Stored data
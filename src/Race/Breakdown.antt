-- ===== src/Race/Breakdown.antt =====
-- race_print_err_breakdown of src/race.c from the counts to its lines.
use gatebench.Base.{
  ℕ, zero, suc, ◌+◌, ◌<◌, ◌≡◌, ◌∙◌, refl, sym, subst, false, some, List, [], ◌∷◌, ◌==◌, length, All,
  arith, Bool-cases, inl, inr, get_elem?,
}
use gatebench.Race.Top.{ErrTop, offer, offer_all, printed_tops}
use gatebench.Race.Exchange.{Lists, AtMost, Descends}
use gatebench.Race.Greatest.{Low, Fate, offer-Fate, offered-Fate, offer-All, length-offer}

pub offer_all-length :
    (counts : List ℕ) (err : ℕ) (ts : List ErrTop)
    → 0 < length ts
    → length (offer_all err counts ts) ≡ length ts
unfolding offer_all
offer_all-length [] err ts h = refl
offer_all-length (c ∷ counts) err ts h =
    let new : ErrTop = record { err = err; count = c } in
    let same = length-offer ts h new in
    offer_all-length counts (err + 1) (offer new ts) (omega (arith, same)) ∙ same

offer_all-Fate :
    (counts : List ℕ) (err : ℕ) (ts : List ErrTop) (x : ErrTop)
    → 0 < length ts
    → Fate x ts
    → Fate x (offer_all err counts ts)
unfolding offer_all
offer_all-Fate [] err ts x h f = f
offer_all-Fate (c ∷ counts) err ts x h f =
    let new : ErrTop = record { err = err; count = c } in
    offer_all-Fate counts (err + 1) (offer new ts) x (omega (arith, length-offer ts h new))
      (offer-Fate ts h new x f)

pub each_offered-Fate :
    (counts : List ℕ) (err : ℕ) (ts : List ErrTop) (i e c : ℕ)
    → 0 < length ts
    → get_elem? counts i ≡ some c
    → e ≡ err + i
    → Fate (record { err = e; count = c }) (offer_all err counts ts)
unfolding offer_all
each_offered-Fate [] err ts i e c h q n = cc
each_offered-Fate (d ∷ counts) err ts zero e c h q n =
    let new : ErrTop = record { err = err; count = d } in
    let at_err : e ≡ err = omega (arith, n) in
    let same : d ≡ c = ground arith in
    offer_all-Fate counts (err + 1) (offer new ts) (record { err = e; count = c })
      (omega (arith, length-offer ts h new))
      (subst (λ k. Fate (record { err = k; count = c }) (offer new ts)) (sym at_err)
        (subst (λ k. Fate (record { err = err; count = k }) (offer new ts)) same
          (offered-Fate ts h new)))
each_offered-Fate (d ∷ counts) err ts (suc i) e c h q n =
    let new : ErrTop = record { err = err; count = d } in
    each_offered-Fate counts (err + 1) (offer new ts) i e c (omega (arith, length-offer ts h new)) q
      (omega (arith, n))

pub offer_all-All :
    (P : ErrTop → Type 0) (counts : List ℕ) (err : ℕ) (ts : List ErrTop)
    → 0 < length ts
    → ((i c : ℕ) → get_elem? counts i ≡ some c → P (record { err = err + i; count = c }))
    → All P ts
    → All P (offer_all err counts ts)
unfolding offer_all
offer_all-All P [] err ts h p a = a
offer_all-All P (d ∷ counts) err ts h p a =
    let new : ErrTop = record { err = err; count = d } in
    offer_all-All P counts (err + 1) (offer new ts) (omega (arith, length-offer ts h new))
      (λ i c q. subst (λ k. P (record { err = k; count = c })) (omega arith) (p (suc i) c q))
      (offer-All ts h new P a
        (subst (λ k. P (record { err = k; count = d })) (omega arith) (p 0 d refl)))

abbrev pub of_top : ErrTop → ℕ
of_top t = t.count

AtMost-zero : (ts : List ErrTop) (x : ErrTop) → AtMost of_top 0 ts → Lists x ts → x.count ≡ 0
AtMost-zero [] x a l = absurd l
AtMost-zero (t ∷ ts) x a (inl e) = subst (λ (y : ErrTop). y.count ≡ 0) e (omega (arith, a.0))
AtMost-zero (t ∷ ts) x a (inr l) = AtMost-zero ts x a.1 l

-- The loop that prints passes over entries of count 0 only.
pub printed-Lists :
    (ts : List ErrTop) (x : ErrTop)
    → Descends of_top ts
    → 0 < x.count
    → Lists x ts
    → Lists x (printed_tops ts)
unfolding printed_tops
printed-Lists [] x d p l = l
printed-Lists (t ∷ ts) x d p l = elim (Bool-cases (t.count == 0)) [
  | inl z ↦ absurd (nothing (ground arith) l)
  | inr z ↦
      rw (printed_tops, z) (elim l [ inl e ↦ inl e | inr r ↦ inr (printed-Lists ts x d.1 p r) ])
]
  where
    nothing : t.count ≡ 0 → Lists x (t ∷ ts) → ⊥
    nothing z l =
        let none_left =
          AtMost-zero (t ∷ ts) x (omega (arith, z), subst (λ k. AtMost of_top k ts) z d.0) l in
        omega (arith, none_left, p)

pub printed-all : (ts : List ErrTop) (c : ℕ) → 0 < c → Low c ts → printed_tops ts ≡ ts
unfolding printed_tops
printed-all [] c p l = refl
printed-all (t ∷ ts) c p l =
    let more : (t.count == 0) ≡ false = ground (arith, l.0) in
    rw (printed_tops, more, printed-all ts c p l.1) refl

-- What is printed has a count above 0.
pub printed-All :
    (P Q : ErrTop → Type 0)
    → ((t : ErrTop) → (t.count == 0) ≡ false → P t → Q t)
    → (ts : List ErrTop) → All P ts
    → All Q (printed_tops ts)
unfolding printed_tops
printed-All P Q f [] a = tt
printed-All P Q f (t ∷ ts) a = elim (Bool-cases (t.count == 0)) [
  | inl z ↦ rw (printed_tops, z) tt
  | inr z ↦ rw (printed_tops, z) (f t z a.0, printed-All P Q f ts a.1)
]

printed-AtMost : (c : ℕ) (ts : List ErrTop) → AtMost of_top c ts → AtMost of_top c (printed_tops ts)
unfolding printed_tops
printed-AtMost c [] a = tt
printed-AtMost c (t ∷ ts) a = elim (Bool-cases (t.count == 0)) [
  | inl z ↦ rw (printed_tops, z) tt
  | inr z ↦ rw (printed_tops, z) (a.0, printed-AtMost c ts a.1)
]

pub printed-Descends : (ts : List ErrTop) → Descends of_top ts → Descends of_top (printed_tops ts)
unfolding printed_tops
printed-Descends [] d = tt
printed-Descends (t ∷ ts) d = elim (Bool-cases (t.count == 0)) [
  | inl z ↦ rw (printed_tops, z) tt
  | inr z ↦ rw (printed_tops, z) (printed-AtMost t.count ts d.0, printed-Descends ts d.1)
]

**Your goal**.
Look above for the line containing "(offer-Fate ts h new x f)" and the line containing "let same : d ≡ c = ground arith in". Transcribe both, with the lines between them, exactly.

**Solution below**.
      (offer-Fate ts h new x f)

pub each_offered-Fate :
    (counts : List ℕ) (err : ℕ) (ts : List ErrTop) (i e c : ℕ)
    → 0 < length ts
    → get_elem? counts i ≡ some c
    → e ≡ err + i
    → Fate (record { err = e; count = c }) (offer_all err counts ts)
unfolding offer_all
each_offered-Fate [] err ts i e c h q n = cc
each_offered-Fate (d ∷ counts) err ts zero e c h q n =
    let new : ErrTop = record { err = err; count = d } in
    let at_err : e ≡ err = omega (arith, n) in
    let same : d ≡ c = ground arith in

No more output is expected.